=== DESCRIPTION OF THE TASK ===
Look for the word "IsFitting" in the records, and copy each line where it appears.

________________________

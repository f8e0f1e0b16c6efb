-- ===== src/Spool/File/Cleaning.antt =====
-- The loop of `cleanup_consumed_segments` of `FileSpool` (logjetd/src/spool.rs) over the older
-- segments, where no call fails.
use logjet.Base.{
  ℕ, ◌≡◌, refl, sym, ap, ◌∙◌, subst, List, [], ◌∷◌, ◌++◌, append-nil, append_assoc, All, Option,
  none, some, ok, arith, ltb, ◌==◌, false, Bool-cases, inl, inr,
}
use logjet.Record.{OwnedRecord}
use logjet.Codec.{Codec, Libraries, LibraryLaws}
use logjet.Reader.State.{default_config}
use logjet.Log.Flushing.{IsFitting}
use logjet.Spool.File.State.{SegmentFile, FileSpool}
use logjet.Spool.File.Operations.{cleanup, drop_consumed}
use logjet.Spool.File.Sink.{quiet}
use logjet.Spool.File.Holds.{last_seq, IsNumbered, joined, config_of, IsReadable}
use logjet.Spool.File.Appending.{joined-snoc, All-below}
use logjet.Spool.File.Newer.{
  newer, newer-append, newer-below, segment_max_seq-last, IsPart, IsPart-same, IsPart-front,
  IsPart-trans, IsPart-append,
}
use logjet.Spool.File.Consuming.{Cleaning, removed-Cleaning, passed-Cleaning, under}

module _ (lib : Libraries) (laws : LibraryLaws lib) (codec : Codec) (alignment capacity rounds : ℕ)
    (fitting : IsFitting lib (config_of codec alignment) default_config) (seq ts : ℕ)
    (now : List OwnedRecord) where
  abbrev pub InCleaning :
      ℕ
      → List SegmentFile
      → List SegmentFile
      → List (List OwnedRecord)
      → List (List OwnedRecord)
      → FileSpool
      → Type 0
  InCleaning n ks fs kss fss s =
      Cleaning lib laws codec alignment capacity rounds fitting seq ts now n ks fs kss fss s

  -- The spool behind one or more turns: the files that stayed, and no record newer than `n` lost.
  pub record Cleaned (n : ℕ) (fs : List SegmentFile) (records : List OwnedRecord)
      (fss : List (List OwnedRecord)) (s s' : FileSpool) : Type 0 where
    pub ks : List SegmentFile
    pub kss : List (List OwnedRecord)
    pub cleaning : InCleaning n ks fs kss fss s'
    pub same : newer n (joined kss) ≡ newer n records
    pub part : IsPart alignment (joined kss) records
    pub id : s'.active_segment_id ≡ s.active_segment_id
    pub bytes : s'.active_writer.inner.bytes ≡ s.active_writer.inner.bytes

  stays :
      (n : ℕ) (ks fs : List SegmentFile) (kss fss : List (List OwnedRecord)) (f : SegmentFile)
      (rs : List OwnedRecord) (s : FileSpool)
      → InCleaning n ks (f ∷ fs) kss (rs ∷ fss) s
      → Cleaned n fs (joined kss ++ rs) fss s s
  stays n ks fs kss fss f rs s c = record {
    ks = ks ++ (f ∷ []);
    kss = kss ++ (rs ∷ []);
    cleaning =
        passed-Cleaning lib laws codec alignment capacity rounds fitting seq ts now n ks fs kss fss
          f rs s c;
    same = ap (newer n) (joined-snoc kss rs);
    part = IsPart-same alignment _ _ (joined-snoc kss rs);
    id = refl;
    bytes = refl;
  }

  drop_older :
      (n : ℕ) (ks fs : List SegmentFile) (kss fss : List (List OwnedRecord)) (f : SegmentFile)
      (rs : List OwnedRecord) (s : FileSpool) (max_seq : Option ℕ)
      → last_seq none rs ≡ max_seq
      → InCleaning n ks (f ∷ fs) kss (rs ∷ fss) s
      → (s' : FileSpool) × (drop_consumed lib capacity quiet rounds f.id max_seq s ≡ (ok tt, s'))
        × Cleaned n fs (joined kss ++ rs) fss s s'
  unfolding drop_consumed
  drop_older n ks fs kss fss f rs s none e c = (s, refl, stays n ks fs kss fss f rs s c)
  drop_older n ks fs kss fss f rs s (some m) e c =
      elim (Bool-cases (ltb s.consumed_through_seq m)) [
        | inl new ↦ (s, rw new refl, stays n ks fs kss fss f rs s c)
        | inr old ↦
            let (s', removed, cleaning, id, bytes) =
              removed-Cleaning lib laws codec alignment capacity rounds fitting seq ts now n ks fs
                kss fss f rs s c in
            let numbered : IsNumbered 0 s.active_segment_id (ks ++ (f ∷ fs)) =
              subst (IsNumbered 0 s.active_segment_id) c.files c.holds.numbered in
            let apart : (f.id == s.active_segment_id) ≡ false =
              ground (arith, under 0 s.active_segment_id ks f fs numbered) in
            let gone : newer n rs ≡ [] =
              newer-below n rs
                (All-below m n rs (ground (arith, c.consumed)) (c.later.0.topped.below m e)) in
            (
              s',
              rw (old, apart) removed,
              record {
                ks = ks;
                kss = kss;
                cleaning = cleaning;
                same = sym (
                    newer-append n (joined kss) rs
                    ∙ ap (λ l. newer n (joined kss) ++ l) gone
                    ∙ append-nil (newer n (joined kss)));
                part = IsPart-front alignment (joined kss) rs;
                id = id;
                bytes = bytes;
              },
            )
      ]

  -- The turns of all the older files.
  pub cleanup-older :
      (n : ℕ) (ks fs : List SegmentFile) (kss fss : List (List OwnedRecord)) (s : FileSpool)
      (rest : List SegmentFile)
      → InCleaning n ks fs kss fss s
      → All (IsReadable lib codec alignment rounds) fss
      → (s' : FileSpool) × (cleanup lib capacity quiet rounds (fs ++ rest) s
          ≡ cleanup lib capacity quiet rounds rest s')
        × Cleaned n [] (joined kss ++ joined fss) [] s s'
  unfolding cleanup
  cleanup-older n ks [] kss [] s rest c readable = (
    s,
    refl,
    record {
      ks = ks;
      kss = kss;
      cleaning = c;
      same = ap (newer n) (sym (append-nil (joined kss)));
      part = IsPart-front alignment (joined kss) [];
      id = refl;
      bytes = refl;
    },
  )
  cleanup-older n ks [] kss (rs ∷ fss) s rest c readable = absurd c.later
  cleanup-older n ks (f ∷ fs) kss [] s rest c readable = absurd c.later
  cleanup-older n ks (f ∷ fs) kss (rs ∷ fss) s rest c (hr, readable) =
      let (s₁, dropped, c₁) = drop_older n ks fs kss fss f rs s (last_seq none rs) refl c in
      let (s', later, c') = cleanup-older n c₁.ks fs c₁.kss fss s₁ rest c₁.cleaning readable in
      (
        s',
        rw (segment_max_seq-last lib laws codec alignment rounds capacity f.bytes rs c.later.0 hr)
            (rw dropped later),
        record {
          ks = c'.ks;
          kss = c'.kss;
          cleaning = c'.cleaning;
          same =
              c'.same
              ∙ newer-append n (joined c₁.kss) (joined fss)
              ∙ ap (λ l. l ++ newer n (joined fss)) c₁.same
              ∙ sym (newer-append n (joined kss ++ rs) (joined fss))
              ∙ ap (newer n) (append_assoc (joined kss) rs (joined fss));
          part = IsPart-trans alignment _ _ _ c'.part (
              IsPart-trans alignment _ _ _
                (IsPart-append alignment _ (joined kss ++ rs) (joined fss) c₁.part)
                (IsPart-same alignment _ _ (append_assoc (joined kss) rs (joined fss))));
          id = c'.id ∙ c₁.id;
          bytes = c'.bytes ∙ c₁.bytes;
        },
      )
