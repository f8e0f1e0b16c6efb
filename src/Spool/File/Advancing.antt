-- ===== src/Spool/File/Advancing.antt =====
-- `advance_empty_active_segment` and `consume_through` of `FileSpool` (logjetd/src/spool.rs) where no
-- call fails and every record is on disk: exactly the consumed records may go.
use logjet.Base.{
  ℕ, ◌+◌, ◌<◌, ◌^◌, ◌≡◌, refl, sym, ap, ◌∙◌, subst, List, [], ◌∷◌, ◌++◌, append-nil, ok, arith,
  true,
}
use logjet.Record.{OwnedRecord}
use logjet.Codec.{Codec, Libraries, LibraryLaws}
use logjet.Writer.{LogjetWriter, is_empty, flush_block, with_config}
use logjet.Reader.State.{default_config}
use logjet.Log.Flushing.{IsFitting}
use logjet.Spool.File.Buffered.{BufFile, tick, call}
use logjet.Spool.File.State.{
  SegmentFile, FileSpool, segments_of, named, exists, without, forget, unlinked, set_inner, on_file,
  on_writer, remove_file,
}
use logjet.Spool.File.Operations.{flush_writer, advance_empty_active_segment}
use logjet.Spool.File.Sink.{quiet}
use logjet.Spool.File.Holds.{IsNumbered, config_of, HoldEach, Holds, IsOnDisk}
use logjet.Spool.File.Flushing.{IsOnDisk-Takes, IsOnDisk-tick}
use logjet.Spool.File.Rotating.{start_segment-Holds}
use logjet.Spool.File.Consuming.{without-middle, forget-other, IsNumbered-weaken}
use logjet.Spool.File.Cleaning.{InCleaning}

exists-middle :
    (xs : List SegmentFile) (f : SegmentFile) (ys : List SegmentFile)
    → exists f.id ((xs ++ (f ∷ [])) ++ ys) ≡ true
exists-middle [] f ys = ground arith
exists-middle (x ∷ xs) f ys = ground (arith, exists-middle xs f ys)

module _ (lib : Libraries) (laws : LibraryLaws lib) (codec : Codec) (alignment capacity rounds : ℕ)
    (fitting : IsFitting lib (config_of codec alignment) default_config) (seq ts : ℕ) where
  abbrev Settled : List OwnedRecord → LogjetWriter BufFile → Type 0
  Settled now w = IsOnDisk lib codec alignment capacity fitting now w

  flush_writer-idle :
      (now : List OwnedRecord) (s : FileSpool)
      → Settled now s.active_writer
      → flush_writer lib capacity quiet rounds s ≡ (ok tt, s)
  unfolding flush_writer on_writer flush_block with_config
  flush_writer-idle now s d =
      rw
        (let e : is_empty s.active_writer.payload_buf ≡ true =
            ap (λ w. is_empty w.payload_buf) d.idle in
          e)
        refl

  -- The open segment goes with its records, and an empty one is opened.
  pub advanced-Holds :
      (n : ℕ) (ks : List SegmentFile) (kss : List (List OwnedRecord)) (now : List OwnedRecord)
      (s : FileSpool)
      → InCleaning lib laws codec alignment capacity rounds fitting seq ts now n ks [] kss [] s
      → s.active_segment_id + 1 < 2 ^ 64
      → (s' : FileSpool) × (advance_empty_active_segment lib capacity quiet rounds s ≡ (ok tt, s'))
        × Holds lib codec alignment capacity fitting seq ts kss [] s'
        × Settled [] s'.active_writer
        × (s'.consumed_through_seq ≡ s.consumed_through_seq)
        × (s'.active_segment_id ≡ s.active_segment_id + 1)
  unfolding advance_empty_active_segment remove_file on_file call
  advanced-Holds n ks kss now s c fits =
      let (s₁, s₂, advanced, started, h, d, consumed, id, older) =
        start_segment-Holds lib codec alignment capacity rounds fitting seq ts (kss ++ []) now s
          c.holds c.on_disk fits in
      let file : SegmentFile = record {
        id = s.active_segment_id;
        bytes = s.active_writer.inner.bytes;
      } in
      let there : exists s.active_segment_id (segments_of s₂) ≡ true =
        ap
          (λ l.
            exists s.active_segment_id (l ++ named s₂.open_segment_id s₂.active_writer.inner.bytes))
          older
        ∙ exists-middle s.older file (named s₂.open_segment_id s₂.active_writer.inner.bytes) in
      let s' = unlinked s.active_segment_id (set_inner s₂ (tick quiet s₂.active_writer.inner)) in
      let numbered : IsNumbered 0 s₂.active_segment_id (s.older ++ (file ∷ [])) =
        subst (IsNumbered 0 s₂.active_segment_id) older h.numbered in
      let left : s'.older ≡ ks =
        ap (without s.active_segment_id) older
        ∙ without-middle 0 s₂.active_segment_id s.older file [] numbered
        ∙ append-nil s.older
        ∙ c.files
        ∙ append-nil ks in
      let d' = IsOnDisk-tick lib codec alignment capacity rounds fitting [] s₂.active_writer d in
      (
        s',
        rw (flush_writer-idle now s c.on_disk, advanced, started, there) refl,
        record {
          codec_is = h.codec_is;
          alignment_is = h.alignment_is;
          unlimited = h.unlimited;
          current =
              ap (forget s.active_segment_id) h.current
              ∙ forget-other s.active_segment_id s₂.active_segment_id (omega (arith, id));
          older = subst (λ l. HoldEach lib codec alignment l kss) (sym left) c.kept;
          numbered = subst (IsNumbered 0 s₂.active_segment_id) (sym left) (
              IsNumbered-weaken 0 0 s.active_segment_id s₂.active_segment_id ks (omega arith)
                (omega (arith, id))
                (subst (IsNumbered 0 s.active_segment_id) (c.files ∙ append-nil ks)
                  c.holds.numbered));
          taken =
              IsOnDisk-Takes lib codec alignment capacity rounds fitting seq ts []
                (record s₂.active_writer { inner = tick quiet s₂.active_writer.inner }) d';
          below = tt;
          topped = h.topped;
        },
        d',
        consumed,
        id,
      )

________________________

=== ANSWER TO THE PROBLEM ===
use logjet.Log.Flushing.{IsFitting}
    (fitting : IsFitting lib (config_of codec alignment) default_config) (seq ts : ℕ)
use logjet.Log.Flushing.{IsFitting}
    (fitting : IsFitting lib (config_of codec alignment) default_config) (seq ts : ℕ) where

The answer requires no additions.